Stored data
-.-.-

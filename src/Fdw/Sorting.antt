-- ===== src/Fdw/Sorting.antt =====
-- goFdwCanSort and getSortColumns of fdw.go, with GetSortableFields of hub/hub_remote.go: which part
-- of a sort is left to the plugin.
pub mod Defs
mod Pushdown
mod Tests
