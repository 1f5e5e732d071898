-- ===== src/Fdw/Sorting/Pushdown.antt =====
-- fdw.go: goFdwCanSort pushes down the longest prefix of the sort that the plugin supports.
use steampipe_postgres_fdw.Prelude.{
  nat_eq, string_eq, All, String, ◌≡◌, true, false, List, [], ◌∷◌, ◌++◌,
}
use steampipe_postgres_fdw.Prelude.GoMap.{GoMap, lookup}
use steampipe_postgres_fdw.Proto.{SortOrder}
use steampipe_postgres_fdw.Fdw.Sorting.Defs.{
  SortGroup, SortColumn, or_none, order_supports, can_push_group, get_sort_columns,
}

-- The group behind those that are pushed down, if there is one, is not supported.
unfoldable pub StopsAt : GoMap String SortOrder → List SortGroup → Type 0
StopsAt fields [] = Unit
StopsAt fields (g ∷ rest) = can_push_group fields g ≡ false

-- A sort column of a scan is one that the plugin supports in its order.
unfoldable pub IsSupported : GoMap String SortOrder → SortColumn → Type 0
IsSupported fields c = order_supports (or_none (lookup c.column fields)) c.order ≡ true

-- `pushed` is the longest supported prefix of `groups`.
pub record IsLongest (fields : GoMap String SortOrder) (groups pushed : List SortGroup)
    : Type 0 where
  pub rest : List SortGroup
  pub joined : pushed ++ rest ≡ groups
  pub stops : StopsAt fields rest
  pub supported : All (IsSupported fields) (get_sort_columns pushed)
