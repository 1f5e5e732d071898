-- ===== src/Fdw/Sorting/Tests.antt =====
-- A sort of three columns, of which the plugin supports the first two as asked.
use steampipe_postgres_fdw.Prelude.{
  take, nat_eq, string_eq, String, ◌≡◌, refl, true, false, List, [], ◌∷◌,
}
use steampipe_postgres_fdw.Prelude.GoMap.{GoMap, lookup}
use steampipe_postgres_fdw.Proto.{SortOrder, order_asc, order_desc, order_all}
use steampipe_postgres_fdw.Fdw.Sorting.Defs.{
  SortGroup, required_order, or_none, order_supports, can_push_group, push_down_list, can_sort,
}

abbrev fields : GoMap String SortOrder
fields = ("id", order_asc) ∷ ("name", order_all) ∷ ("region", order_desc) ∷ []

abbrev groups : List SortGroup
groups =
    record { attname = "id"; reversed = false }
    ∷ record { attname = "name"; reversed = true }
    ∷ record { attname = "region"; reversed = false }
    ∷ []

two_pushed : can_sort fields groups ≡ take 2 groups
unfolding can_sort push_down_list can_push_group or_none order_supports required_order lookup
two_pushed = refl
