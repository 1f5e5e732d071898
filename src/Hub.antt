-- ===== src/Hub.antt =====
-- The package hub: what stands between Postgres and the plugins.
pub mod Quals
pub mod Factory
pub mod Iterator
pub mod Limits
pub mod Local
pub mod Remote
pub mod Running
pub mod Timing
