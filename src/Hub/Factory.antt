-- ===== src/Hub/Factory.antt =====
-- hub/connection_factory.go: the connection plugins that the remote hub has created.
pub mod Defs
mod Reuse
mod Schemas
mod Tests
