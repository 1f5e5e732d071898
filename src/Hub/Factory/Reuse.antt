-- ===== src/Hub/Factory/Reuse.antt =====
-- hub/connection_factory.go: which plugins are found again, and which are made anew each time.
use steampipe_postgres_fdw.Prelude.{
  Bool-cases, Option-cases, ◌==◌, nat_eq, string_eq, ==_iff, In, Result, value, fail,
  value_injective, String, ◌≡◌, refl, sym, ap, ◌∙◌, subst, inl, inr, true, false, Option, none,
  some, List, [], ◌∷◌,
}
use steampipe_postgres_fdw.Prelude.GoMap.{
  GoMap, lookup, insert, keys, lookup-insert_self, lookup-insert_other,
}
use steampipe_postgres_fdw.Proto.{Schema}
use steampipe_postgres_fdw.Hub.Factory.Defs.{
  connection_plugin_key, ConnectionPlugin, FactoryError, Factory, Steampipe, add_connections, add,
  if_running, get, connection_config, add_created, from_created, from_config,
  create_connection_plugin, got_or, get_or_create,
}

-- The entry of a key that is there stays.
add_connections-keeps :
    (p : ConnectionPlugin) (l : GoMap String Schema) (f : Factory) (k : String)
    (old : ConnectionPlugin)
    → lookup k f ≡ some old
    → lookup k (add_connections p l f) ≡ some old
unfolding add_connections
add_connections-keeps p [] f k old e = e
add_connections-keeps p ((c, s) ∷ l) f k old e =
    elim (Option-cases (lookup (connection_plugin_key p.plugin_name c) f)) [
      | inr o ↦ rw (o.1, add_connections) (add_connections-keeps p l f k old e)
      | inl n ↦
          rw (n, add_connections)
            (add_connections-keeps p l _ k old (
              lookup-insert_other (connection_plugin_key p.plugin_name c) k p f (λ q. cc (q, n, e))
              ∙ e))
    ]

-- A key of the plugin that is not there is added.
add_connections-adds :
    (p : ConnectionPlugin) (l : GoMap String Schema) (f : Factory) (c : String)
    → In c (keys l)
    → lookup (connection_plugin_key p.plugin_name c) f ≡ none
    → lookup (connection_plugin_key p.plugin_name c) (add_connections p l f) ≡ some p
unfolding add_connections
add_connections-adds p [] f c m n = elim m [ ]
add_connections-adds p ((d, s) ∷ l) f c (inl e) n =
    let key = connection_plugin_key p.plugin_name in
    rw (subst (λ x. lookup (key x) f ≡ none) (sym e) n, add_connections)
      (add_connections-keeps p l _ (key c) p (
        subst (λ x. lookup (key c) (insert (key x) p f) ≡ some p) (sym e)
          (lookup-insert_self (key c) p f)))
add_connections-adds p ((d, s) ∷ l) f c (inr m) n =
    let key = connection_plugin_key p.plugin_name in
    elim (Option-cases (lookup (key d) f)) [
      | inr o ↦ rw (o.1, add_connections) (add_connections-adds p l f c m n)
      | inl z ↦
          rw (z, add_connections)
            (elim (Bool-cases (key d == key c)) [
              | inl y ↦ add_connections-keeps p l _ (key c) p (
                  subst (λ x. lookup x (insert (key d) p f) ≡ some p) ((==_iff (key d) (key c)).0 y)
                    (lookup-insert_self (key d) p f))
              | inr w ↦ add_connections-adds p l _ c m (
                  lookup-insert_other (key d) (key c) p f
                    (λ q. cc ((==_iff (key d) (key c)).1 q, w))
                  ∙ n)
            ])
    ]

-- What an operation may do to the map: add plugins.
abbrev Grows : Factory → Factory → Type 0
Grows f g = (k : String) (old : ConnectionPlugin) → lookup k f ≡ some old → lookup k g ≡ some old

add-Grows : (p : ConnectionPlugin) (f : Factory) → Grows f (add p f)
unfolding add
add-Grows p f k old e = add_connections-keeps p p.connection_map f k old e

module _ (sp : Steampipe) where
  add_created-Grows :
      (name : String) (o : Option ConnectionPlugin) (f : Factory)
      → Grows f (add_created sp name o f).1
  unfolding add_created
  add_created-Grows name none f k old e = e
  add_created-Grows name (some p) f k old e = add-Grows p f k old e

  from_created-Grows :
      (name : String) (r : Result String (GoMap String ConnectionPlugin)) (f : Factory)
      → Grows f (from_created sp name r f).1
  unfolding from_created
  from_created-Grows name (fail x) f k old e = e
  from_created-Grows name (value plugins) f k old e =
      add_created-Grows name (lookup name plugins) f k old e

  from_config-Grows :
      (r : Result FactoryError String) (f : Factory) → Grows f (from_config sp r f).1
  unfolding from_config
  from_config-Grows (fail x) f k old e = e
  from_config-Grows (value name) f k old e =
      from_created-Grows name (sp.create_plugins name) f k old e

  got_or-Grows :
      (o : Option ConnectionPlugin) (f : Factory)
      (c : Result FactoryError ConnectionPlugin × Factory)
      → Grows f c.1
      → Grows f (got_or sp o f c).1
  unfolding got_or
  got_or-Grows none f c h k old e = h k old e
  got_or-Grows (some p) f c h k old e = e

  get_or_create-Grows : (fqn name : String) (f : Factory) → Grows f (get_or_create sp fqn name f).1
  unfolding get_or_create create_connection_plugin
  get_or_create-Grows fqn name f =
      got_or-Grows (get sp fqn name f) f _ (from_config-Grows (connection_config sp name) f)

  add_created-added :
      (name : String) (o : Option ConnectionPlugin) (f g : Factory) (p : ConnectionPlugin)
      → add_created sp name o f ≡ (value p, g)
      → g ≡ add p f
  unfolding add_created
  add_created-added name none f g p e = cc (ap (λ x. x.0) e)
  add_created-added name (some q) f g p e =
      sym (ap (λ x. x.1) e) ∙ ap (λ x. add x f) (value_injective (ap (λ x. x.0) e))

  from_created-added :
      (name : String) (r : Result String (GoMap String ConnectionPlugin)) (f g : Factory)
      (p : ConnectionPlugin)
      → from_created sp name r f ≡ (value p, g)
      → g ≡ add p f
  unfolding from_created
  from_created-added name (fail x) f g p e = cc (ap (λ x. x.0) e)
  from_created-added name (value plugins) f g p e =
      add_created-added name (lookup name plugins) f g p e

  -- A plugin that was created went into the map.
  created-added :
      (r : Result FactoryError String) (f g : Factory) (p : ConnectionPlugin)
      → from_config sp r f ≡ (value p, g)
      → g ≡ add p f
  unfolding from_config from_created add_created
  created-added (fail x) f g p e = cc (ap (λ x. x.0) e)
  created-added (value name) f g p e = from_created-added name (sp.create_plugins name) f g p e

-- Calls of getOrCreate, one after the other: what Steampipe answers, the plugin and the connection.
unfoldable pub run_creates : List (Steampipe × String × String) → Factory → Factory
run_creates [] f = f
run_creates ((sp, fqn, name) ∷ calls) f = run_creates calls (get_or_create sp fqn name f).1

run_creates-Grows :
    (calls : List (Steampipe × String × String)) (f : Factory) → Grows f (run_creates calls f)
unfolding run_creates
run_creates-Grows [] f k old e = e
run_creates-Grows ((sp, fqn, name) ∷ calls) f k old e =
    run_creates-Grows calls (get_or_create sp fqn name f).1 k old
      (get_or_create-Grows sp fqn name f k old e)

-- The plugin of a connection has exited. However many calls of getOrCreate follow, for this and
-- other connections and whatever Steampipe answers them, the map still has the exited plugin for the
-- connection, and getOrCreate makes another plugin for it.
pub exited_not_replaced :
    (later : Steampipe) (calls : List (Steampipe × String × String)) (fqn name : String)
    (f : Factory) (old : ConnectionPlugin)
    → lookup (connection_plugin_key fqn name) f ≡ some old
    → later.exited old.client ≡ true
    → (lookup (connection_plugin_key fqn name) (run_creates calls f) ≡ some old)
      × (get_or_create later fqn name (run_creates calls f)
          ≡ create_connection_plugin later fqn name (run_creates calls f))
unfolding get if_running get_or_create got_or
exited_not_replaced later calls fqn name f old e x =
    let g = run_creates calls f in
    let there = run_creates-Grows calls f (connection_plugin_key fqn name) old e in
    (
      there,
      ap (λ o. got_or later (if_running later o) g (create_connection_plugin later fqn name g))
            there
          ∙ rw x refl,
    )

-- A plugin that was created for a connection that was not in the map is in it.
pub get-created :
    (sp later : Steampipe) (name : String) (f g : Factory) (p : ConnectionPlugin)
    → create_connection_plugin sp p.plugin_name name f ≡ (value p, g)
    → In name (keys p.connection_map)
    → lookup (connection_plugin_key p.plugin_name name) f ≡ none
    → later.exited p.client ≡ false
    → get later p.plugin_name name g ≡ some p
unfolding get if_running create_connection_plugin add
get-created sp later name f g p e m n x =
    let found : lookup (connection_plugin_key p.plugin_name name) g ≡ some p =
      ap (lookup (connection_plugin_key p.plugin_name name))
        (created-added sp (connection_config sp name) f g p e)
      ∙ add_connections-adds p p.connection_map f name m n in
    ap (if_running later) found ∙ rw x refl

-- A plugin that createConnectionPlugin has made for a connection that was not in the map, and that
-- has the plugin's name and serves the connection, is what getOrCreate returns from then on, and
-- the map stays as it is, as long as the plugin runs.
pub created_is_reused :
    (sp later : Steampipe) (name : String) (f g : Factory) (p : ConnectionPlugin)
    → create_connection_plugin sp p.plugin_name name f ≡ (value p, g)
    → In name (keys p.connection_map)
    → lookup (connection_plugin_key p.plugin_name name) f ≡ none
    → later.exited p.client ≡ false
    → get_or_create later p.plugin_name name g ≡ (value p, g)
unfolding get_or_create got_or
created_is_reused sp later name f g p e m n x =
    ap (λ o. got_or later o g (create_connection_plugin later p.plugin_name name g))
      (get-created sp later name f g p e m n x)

-.-.-

*Assigned task*: Search the records for the word "Sorting" and return every line that holds it.

*Result for this task*:
filename src/Fdw/Sorting.antt
-- ===== src/Fdw/Sorting.antt =====
-- ===== src/Fdw/Sorting/Pushdown.antt =====
use steampipe_postgres_fdw.Fdw.Sorting.Defs.{
-- ===== src/Fdw/Sorting/Tests.antt =====
use steampipe_postgres_fdw.Fdw.Sorting.Defs.{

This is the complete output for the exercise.